■ HOW TO COMPLETE THIS TASK:
Please find every line of the listing below where "false" occurs and copy it.
-=-=-=-=-
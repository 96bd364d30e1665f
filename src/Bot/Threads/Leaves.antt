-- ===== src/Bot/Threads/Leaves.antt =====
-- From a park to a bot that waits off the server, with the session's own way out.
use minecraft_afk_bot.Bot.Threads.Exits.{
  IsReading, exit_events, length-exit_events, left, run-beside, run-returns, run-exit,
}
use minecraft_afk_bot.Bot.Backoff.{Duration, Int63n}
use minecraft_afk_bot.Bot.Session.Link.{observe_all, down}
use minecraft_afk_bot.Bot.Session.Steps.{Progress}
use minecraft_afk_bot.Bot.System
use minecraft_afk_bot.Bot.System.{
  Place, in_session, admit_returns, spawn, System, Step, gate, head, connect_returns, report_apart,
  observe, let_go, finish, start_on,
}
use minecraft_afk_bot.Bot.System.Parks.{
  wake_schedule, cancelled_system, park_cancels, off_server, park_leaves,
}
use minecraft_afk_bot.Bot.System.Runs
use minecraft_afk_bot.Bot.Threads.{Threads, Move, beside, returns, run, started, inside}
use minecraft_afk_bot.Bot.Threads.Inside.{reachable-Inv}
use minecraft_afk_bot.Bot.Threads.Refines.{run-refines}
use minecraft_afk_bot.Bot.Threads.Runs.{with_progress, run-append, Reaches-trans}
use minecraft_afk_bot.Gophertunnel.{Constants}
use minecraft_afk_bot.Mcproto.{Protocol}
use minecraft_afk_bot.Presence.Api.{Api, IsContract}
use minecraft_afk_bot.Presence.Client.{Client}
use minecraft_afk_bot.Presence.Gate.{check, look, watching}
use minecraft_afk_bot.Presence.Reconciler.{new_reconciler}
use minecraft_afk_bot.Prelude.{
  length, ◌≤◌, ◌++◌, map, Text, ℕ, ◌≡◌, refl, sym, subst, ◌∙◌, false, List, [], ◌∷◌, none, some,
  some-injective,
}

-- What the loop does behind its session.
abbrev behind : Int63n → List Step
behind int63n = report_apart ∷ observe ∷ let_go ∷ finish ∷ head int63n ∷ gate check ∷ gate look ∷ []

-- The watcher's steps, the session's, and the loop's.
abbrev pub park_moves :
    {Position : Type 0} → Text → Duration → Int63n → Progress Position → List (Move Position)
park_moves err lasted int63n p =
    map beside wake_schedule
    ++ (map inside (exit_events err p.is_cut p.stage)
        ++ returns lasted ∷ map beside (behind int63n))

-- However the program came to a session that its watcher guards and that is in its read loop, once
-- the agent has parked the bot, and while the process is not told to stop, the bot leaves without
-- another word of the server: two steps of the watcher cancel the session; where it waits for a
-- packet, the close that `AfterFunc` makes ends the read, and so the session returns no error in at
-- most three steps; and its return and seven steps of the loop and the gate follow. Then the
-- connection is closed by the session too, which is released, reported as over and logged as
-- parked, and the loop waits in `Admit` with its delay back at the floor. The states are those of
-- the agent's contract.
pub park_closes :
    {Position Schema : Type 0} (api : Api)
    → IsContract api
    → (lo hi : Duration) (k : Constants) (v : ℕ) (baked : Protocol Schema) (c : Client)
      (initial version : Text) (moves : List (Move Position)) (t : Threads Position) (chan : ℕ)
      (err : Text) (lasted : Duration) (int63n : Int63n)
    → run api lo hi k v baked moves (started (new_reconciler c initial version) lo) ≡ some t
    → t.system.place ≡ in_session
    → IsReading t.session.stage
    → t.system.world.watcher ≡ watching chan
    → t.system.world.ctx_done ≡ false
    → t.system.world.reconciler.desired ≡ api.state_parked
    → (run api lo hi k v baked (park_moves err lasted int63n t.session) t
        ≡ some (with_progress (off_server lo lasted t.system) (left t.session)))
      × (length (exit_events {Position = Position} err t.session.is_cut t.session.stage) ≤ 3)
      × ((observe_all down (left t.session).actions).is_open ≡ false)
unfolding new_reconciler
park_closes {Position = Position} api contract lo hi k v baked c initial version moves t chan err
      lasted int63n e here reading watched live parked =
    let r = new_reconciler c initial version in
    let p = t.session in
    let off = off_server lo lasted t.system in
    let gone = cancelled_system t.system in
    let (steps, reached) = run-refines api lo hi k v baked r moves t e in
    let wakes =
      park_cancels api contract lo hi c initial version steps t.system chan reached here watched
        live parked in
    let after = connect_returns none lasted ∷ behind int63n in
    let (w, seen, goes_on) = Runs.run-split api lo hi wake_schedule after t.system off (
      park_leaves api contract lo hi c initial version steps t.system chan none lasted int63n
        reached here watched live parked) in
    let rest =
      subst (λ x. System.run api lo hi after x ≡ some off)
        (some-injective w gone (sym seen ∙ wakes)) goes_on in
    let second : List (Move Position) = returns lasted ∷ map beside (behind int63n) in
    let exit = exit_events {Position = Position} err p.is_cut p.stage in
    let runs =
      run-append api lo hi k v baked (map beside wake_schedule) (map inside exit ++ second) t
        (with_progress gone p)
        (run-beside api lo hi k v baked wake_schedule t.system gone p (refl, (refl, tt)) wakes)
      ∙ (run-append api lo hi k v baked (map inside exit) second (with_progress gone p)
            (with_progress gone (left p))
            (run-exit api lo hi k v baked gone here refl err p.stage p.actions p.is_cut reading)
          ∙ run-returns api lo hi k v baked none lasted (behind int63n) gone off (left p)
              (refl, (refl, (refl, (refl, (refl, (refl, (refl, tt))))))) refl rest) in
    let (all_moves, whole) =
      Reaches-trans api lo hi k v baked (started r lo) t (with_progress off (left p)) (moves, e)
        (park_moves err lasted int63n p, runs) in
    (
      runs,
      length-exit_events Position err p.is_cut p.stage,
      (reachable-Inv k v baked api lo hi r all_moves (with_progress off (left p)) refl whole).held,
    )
-=-=-=-=-
■ EXPECTED ANSWER:
  length, ◌≤◌, ◌++◌, map, Text, ℕ, ◌≡◌, refl, sym, subst, ◌∙◌, false, List, [], ◌∷◌, none, some,
    → t.system.world.ctx_done ≡ false
      × ((observe_all down (left t.session).actions).is_open ≡ false)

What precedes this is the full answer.